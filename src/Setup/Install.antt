-- ===== src/Setup/Install.antt =====
-- `install` of setup/src/main.rs, what a run of the program reads, and how it ends.
use ak1_driver.Prelude.{ℕ, Bool, ◌||◌, List, [], ◌∷◌, ◌++◌, Option, none, some, if◌then◌else◌}
use ak1_driver.Prelude.Text.{Text, codes, text_eq}
use ak1_driver.Setup.{
  FilePath, same_path, name, inf, certificate, driver_files, asio_dll, panel, setup_program, Paths,
  Value, string, dword, create_dir, write_file, copy_file, add_driver, register, save_shortcut,
  create_uninstall_key, set_value, no_files, unset, unread, exit_code, Result, ok, err, System,
  Action, ◌>>=◌, ◌>>◌, pure, raise, lift, is_code, run, call,
}
use ak1_driver.Setup.Signing.{
  SigningFacts, Listing, decide_package, enable_test_signing, remove_driver_packages,
  trust_certificate,
}

-- The files built into the program.
abbrev pub Payload : Type 0
Payload = List (Text × List ℕ)

unfoldable pub embedded : Payload → Text → Option (List ℕ)
unfolding text_eq
embedded [] file = none
embedded ((other, contents) ∷ files) file =
    if text_eq other file then some contents else embedded files file

abbrev pub or_empty : Option (List ℕ) → List ℕ
or_empty none = []
or_empty (some contents) = contents

-- What a run reads: the environment is in `paths`; `exe` is the running program's file, `stored` the
-- certificate kept in the driver's folder.
pub record Facts : Type 0 where
  pub payload : Payload
  pub version : Text
  pub paths : Paths
  pub temporary_folder : FilePath
  pub signing : SigningFacts
  pub drivers : Listing
  pub exe : Option FilePath
  pub dll_exists : Bool
  pub stored : Option (List ℕ)

-- `Paths::new`, from the three variables of the environment.
unfoldable pub new_paths :
    (system_drive program_files program_data : Option FilePath) → Result Paths
new_paths none _ _ = err unset
new_paths (some drive) none _ = err unset
new_paths (some drive) (some files) none = err unset
new_paths (some drive) (some files) (some shared) = ok (record {
  driver = drive ++ (codes "ak1" ∷ []);
  programs = files ++ (name ∷ []);
  shortcut =
      shared
      ++ (codes "Microsoft"
          ∷ codes "Windows"
          ∷ codes "Start Menu"
          ∷ codes "Programs"
          ∷ codes "Audio Kontrol 1 Control Panel.lnk"
          ∷ []);
})

abbrev pub join : FilePath → Text → FilePath
join folder file = folder ++ (file ∷ [])

-- The values of the uninstall key, in their order.
abbrev pub uninstall_values : Facts → FilePath → List (Text × Value)
uninstall_values facts setup =
    (codes "DisplayName", string (codes "Audio Kontrol 1 driver" ∷ []))
    ∷ (codes "DisplayVersion", string (facts.version ∷ []))
    ∷ (codes "DisplayIcon", string (join facts.paths.programs panel))
    ∷ (codes "InstallLocation", string facts.paths.programs)
    ∷ (codes "UninstallString", string (setup ++ (codes "/uninstall" ∷ [])))
    ∷ (codes "NoModify", dword 1)
    ∷ (codes "NoRepair", dword 1)
    ∷ []

-- How a run ends that does not fail.
pub data Ending : Type 0 where
  installed : (restart : Bool) → Ending
  removed : (restart : Bool) → Ending
  handed_over : Ending
  quit : Ending

unfoldable pub unless_empty : Payload → Action Ending → Action Ending
unless_empty [] action = raise no_files
unless_empty (_ ∷ _) action = action

module _ (system : System) where
  -- Each of the files, as it is built in, into the folder.
  unfoldable pub write_files : Payload → FilePath → List Text → Action Unit
  unfolding call embedded
  write_files payload folder [] = pure tt
  write_files payload folder (file ∷ files) = do
    call system (write_file (join folder file) (or_empty (embedded payload file)))
    write_files payload folder files

  -- 259: no card is plugged in.
  unfoldable pub install_driver : FilePath → Action Bool
  unfolding run
  install_driver path = do
    code ← run system (add_driver path)
    lift (decide_package (add_driver path) (λ code. is_code code 0 || is_code code 259) code)

  unfoldable pub copy_setup : Option FilePath → (setup : FilePath) → Action Unit
  unfolding same_path call
  copy_setup none setup = raise unread
  copy_setup (some exe) setup =
      if same_path exe setup then pure tt else call system (copy_file exe setup)

  unfoldable pub register_dll : FilePath → Action Unit
  unfolding run
  register_dll dll = do
    code ← run system (register dll)
    lift (if is_code code 0 then ok tt else err (exit_code (register dll) code))

  unfoldable pub set_values : List (Text × Value) → Action Unit
  unfolding call
  set_values [] = pure tt
  set_values ((value_name, value) ∷ values) = do
    call system (set_value value_name value)
    set_values values

  unfoldable pub register_uninstall : Facts → (setup : FilePath) → Action Unit
  unfolding call set_values
  register_uninstall facts setup = do
    call system create_uninstall_key
    set_values (uninstall_values facts setup)

  unfoldable pub install_package : Facts → Action Bool
  unfolding call write_files trust_certificate remove_driver_packages install_driver
  install_package facts = do
    call system (create_dir facts.paths.driver)
    write_files facts.payload facts.paths.driver driver_files
    trust_certificate system (or_empty (embedded facts.payload certificate))
    replaced ← remove_driver_packages system facts.drivers
    added ← install_driver (join facts.paths.driver inf)
    pure (replaced || added)

  unfoldable pub install_programs : Facts → Action Unit
  unfolding call write_files copy_setup register_dll register_uninstall
  install_programs facts = do
    call system (create_dir facts.paths.programs)
    write_files facts.payload facts.paths.programs (asio_dll ∷ panel ∷ [])
    copy_setup facts.exe (join facts.paths.programs setup_program)
    register_dll (join facts.paths.programs asio_dll)
    call system (save_shortcut facts.paths.shortcut (join facts.paths.programs panel))
    register_uninstall facts (join facts.paths.programs setup_program)

  unfoldable pub install_files : Facts → Action Ending
  unfolding enable_test_signing install_package install_programs
  install_files facts = do
    signing ← enable_test_signing system facts.signing
    package_restart ← install_package facts
    install_programs facts
    pure (installed (signing || package_restart))

  unfoldable pub install : Facts → Action Ending
  unfolding install_files unless_empty
  install facts = unless_empty facts.payload (install_files facts)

■ ■ ■

■ Problem requirements: Would you write out all the records exactly as they read?

■ Result for this task:
filename src/Setup/Install.antt
-- ===== src/Setup/Install.antt =====
-- `install` of setup/src/main.rs, what a run of the program reads, and how it ends.
use ak1_driver.Prelude.{ℕ, Bool, ◌||◌, List, [], ◌∷◌, ◌++◌, Option, none, some, if◌then◌else◌}
use ak1_driver.Prelude.Text.{Text, codes, text_eq}
use ak1_driver.Setup.{
  FilePath, same_path, name, inf, certificate, driver_files, asio_dll, panel, setup_program, Paths,
  Value, string, dword, create_dir, write_file, copy_file, add_driver, register, save_shortcut,
  create_uninstall_key, set_value, no_files, unset, unread, exit_code, Result, ok, err, System,
  Action, ◌>>=◌, ◌>>◌, pure, raise, lift, is_code, run, call,
}
use ak1_driver.Setup.Signing.{
  SigningFacts, Listing, decide_package, enable_test_signing, remove_driver_packages,
  trust_certificate,
}

-- The files built into the program.
abbrev pub Payload : Type 0
Payload = List (Text × List ℕ)

unfoldable pub embedded : Payload → Text → Option (List ℕ)
unfolding text_eq
embedded [] file = none
embedded ((other, contents) ∷ files) file =
    if text_eq other file then some contents else embedded files file

abbrev pub or_empty : Option (List ℕ) → List ℕ
or_empty none = []
or_empty (some contents) = contents

-- What a run reads: the environment is in `paths`; `exe` is the running program's file, `stored` the
-- certificate kept in the driver's folder.
pub record Facts : Type 0 where
  pub payload : Payload
  pub version : Text
  pub paths : Paths
  pub temporary_folder : FilePath
  pub signing : SigningFacts
  pub drivers : Listing
  pub exe : Option FilePath
  pub dll_exists : Bool
  pub stored : Option (List ℕ)

-- `Paths::new`, from the three variables of the environment.
unfoldable pub new_paths :
    (system_drive program_files program_data : Option FilePath) → Result Paths
new_paths none _ _ = err unset
new_paths (some drive) none _ = err unset
new_paths (some drive) (some files) none = err unset
new_paths (some drive) (some files) (some shared) = ok (record {
  driver = drive ++ (codes "ak1" ∷ []);
  programs = files ++ (name ∷ []);
  shortcut =
      shared
      ++ (codes "Microsoft"
          ∷ codes "Windows"
          ∷ codes "Start Menu"
          ∷ codes "Programs"
          ∷ codes "Audio Kontrol 1 Control Panel.lnk"
          ∷ []);
})

abbrev pub join : FilePath → Text → FilePath
join folder file = folder ++ (file ∷ [])

-- The values of the uninstall key, in their order.
abbrev pub uninstall_values : Facts → FilePath → List (Text × Value)
uninstall_values facts setup =
    (codes "DisplayName", string (codes "Audio Kontrol 1 driver" ∷ []))
    ∷ (codes "DisplayVersion", string (facts.version ∷ []))
    ∷ (codes "DisplayIcon", string (join facts.paths.programs panel))
    ∷ (codes "InstallLocation", string facts.paths.programs)
    ∷ (codes "UninstallString", string (setup ++ (codes "/uninstall" ∷ [])))
    ∷ (codes "NoModify", dword 1)
    ∷ (codes "NoRepair", dword 1)
    ∷ []

-- How a run ends that does not fail.
pub data Ending : Type 0 where
  installed : (restart : Bool) → Ending
  removed : (restart : Bool) → Ending
  handed_over : Ending
  quit : Ending

unfoldable pub unless_empty : Payload → Action Ending → Action Ending
unless_empty [] action = raise no_files
unless_empty (_ ∷ _) action = action

module _ (system : System) where
  -- Each of the files, as it is built in, into the folder.
  unfoldable pub write_files : Payload → FilePath → List Text → Action Unit
  unfolding call embedded
  write_files payload folder [] = pure tt
  write_files payload folder (file ∷ files) = do
    call system (write_file (join folder file) (or_empty (embedded payload file)))
    write_files payload folder files

  -- 259: no card is plugged in.
  unfoldable pub install_driver : FilePath → Action Bool
  unfolding run
  install_driver path = do
    code ← run system (add_driver path)
    lift (decide_package (add_driver path) (λ code. is_code code 0 || is_code code 259) code)

  unfoldable pub copy_setup : Option FilePath → (setup : FilePath) → Action Unit
  unfolding same_path call
  copy_setup none setup = raise unread
  copy_setup (some exe) setup =
      if same_path exe setup then pure tt else call system (copy_file exe setup)

  unfoldable pub register_dll : FilePath → Action Unit
  unfolding run
  register_dll dll = do
    code ← run system (register dll)
    lift (if is_code code 0 then ok tt else err (exit_code (register dll) code))

  unfoldable pub set_values : List (Text × Value) → Action Unit
  unfolding call
  set_values [] = pure tt
  set_values ((value_name, value) ∷ values) = do
    call system (set_value value_name value)
    set_values values

  unfoldable pub register_uninstall : Facts → (setup : FilePath) → Action Unit
  unfolding call set_values
  register_uninstall facts setup = do
    call system create_uninstall_key
    set_values (uninstall_values facts setup)

  unfoldable pub install_package : Facts → Action Bool
  unfolding call write_files trust_certificate remove_driver_packages install_driver
  install_package facts = do
    call system (create_dir facts.paths.driver)
    write_files facts.payload facts.paths.driver driver_files
    trust_certificate system (or_empty (embedded facts.payload certificate))
    replaced ← remove_driver_packages system facts.drivers
    added ← install_driver (join facts.paths.driver inf)
    pure (replaced || added)

  unfoldable pub install_programs : Facts → Action Unit
  unfolding call write_files copy_setup register_dll register_uninstall
  install_programs facts = do
    call system (create_dir facts.paths.programs)
    write_files facts.payload facts.paths.programs (asio_dll ∷ panel ∷ [])
    copy_setup facts.exe (join facts.paths.programs setup_program)
    register_dll (join facts.paths.programs asio_dll)
    call system (save_shortcut facts.paths.shortcut (join facts.paths.programs panel))
    register_uninstall facts (join facts.paths.programs setup_program)

  unfoldable pub install_files : Facts → Action Ending
  unfolding enable_test_signing install_package install_programs
  install_files facts = do
    signing ← enable_test_signing system facts.signing
    package_restart ← install_package facts
    install_programs facts
    pure (installed (signing || package_restart))

  unfoldable pub install : Facts → Action Ending
  unfolding install_files unless_empty
  install facts = unless_empty facts.payload (install_files facts)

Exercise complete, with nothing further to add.